**REQUIRED WORK**
What you return must be the lines of the data that hold the word "dressed".

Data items
┄┄┄┄┄┄┄┄┄┄┄┄┄┄┄┄┄┄┄┄

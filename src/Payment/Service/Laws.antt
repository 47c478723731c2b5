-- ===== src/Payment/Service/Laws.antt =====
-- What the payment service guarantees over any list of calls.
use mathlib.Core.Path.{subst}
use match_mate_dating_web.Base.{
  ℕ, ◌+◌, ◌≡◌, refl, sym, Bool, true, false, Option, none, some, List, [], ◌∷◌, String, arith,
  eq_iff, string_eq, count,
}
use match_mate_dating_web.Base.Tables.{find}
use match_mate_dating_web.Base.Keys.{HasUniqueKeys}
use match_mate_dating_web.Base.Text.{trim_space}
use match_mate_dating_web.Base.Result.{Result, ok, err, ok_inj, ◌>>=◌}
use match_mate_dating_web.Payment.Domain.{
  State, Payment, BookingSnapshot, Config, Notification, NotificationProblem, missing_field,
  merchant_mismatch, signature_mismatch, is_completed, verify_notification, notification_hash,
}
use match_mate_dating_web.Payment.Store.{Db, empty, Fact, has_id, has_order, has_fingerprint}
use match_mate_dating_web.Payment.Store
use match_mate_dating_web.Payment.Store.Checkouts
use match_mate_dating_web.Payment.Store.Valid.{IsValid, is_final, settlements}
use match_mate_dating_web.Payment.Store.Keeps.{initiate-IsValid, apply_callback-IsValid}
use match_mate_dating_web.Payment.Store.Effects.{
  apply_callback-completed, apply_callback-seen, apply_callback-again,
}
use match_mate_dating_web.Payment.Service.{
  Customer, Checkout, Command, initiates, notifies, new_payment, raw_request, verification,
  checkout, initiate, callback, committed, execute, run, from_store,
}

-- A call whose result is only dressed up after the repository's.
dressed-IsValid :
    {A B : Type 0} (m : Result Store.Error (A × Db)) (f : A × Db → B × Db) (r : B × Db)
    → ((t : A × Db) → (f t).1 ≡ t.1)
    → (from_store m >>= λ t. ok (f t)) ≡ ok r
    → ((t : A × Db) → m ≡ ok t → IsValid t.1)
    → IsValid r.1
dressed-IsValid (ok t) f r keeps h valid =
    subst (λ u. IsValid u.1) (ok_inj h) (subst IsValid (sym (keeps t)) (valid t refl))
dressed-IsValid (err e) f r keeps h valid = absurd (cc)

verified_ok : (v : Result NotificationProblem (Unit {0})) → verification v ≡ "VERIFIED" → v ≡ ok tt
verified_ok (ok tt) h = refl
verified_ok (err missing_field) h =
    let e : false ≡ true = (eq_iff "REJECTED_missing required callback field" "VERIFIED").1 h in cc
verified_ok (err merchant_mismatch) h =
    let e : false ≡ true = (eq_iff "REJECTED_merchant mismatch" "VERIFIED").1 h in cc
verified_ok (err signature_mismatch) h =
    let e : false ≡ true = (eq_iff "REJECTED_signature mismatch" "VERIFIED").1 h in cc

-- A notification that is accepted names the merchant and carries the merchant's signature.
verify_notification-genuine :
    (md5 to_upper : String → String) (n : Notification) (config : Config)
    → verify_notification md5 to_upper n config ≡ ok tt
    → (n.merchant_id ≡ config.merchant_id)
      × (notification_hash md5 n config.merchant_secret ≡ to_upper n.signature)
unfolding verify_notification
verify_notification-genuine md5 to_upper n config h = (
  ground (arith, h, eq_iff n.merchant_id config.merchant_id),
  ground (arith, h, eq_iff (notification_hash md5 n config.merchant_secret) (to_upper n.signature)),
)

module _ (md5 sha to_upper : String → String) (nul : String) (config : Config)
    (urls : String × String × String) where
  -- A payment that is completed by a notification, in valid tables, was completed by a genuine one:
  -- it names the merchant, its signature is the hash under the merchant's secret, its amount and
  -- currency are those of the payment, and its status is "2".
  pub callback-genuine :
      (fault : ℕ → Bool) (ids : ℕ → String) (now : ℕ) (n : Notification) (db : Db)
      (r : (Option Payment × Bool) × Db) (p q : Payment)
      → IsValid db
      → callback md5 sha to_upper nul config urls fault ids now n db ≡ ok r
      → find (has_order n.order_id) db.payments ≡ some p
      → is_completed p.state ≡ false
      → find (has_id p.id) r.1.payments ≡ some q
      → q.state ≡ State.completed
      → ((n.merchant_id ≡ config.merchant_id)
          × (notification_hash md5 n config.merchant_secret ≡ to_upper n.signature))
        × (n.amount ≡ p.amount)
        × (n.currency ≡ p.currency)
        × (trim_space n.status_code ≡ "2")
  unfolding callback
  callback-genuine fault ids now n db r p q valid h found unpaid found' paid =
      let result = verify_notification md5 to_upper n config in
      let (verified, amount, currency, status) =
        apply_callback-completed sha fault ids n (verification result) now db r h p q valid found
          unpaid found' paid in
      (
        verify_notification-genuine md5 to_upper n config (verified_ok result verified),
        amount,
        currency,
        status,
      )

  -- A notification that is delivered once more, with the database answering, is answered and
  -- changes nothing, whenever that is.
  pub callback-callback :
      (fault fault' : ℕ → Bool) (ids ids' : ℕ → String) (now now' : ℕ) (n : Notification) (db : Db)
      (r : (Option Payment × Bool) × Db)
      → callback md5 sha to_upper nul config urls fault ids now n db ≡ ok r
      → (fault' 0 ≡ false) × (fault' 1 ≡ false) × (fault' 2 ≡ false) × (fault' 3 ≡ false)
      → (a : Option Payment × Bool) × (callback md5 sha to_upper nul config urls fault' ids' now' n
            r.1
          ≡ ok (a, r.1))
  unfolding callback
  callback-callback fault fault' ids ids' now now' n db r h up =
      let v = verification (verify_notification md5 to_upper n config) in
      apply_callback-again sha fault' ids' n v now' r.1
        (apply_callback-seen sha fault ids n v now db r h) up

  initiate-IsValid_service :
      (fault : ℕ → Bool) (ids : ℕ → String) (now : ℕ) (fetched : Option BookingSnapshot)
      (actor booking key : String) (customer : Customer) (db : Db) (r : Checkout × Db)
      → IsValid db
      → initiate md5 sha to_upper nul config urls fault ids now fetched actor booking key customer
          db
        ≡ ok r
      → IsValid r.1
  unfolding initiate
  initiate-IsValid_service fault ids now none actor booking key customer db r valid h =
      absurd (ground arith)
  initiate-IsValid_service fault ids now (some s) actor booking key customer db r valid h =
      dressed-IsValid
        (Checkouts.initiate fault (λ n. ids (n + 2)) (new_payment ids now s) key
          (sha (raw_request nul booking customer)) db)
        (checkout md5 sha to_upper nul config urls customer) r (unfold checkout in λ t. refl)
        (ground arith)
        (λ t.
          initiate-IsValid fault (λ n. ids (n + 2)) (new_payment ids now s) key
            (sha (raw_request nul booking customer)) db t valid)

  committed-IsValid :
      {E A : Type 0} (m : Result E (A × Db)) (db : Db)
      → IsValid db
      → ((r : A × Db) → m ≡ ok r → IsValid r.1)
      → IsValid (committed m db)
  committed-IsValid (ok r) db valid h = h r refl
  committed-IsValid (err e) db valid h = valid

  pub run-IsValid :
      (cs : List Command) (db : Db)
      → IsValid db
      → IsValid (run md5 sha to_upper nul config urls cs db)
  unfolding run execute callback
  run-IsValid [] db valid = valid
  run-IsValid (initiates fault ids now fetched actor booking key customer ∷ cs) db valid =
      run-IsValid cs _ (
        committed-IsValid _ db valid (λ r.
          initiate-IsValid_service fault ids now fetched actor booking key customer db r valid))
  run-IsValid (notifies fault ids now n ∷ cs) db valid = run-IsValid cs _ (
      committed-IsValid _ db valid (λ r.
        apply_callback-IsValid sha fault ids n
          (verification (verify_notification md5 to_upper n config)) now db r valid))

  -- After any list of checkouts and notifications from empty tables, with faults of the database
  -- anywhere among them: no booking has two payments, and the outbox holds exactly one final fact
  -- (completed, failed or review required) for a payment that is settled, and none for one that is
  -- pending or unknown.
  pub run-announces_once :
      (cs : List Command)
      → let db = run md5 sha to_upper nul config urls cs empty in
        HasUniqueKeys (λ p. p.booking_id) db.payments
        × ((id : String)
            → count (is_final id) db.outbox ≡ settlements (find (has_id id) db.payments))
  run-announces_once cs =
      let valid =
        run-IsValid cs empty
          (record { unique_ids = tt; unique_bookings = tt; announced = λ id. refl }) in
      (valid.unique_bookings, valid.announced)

┄┄┄┄┄┄┄┄┄┄┄┄┄┄┄┄┄┄┄┄

**SOLUTION TO THIS PROBLEM**
-- A call whose result is only dressed up after the repository's.
dressed-IsValid :
dressed-IsValid (ok t) f r keeps h valid =
dressed-IsValid (err e) f r keeps h valid = absurd (cc)
      dressed-IsValid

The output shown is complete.